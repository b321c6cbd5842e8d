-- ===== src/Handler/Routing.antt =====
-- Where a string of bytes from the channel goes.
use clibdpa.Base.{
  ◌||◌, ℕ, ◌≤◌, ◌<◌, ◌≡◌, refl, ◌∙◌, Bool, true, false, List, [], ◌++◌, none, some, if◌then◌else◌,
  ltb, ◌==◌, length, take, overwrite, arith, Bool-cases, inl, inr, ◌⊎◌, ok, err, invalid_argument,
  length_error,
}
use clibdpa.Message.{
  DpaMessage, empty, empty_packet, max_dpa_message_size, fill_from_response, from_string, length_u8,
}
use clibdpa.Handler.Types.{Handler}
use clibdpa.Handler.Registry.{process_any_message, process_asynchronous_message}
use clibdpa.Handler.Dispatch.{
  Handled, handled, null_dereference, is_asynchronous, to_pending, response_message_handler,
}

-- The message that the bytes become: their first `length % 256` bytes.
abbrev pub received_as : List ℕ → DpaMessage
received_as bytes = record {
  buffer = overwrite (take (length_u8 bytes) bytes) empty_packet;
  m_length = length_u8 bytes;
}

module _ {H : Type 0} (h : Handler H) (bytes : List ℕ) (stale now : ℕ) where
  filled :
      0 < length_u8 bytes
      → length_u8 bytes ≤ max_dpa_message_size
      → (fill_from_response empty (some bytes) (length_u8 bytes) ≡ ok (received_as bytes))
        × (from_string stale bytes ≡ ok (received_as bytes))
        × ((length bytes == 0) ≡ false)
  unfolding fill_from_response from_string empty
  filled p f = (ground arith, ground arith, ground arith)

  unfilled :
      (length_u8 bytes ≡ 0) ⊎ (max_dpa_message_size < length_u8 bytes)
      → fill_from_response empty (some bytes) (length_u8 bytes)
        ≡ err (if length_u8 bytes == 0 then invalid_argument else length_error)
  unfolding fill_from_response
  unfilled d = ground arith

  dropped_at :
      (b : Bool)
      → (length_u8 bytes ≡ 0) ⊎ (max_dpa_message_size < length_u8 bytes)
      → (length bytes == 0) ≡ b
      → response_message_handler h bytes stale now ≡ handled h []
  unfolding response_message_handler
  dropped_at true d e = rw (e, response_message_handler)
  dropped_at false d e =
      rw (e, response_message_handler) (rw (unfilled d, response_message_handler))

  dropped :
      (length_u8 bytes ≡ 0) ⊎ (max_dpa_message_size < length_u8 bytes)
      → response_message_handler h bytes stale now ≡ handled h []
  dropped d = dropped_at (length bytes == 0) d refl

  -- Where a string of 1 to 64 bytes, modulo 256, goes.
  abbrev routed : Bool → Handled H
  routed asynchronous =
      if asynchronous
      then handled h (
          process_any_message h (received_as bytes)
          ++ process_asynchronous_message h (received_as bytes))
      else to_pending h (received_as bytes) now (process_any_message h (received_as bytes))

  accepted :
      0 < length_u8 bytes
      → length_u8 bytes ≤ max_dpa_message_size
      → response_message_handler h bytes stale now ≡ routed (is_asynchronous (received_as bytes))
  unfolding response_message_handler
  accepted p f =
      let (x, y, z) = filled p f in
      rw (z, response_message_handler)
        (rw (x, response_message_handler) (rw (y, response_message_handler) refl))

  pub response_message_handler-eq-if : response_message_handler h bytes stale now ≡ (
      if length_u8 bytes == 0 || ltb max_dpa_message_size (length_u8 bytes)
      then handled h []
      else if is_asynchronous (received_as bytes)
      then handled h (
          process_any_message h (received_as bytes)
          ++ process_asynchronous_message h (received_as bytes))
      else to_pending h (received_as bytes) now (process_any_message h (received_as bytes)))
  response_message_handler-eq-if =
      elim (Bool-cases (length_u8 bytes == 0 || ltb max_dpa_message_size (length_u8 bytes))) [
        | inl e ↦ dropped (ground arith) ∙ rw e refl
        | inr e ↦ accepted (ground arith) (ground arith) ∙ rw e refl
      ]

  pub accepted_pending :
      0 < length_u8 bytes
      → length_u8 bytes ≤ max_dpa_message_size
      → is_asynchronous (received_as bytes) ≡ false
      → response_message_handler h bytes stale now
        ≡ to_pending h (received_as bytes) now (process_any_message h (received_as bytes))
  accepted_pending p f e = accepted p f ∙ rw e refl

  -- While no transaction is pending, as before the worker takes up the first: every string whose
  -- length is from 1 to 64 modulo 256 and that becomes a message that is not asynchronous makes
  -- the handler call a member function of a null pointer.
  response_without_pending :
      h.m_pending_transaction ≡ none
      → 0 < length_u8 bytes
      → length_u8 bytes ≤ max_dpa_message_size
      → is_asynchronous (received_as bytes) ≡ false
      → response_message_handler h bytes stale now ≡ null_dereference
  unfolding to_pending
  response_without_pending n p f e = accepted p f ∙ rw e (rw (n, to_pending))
****************************************
• _Exercise aim_
Extract from the material all lines containing the string "else".

• _Response box_
  ◌||◌, ℕ, ◌≤◌, ◌<◌, ◌≡◌, refl, ◌∙◌, Bool, true, false, List, [], ◌++◌, none, some, if◌then◌else◌,
        ≡ err (if length_u8 bytes == 0 then invalid_argument else length_error)
      else to_pending h (received_as bytes) now (process_any_message h (received_as bytes))
      else if is_asynchronous (received_as bytes)
      else to_pending h (received_as bytes) now (process_any_message h (received_as bytes)))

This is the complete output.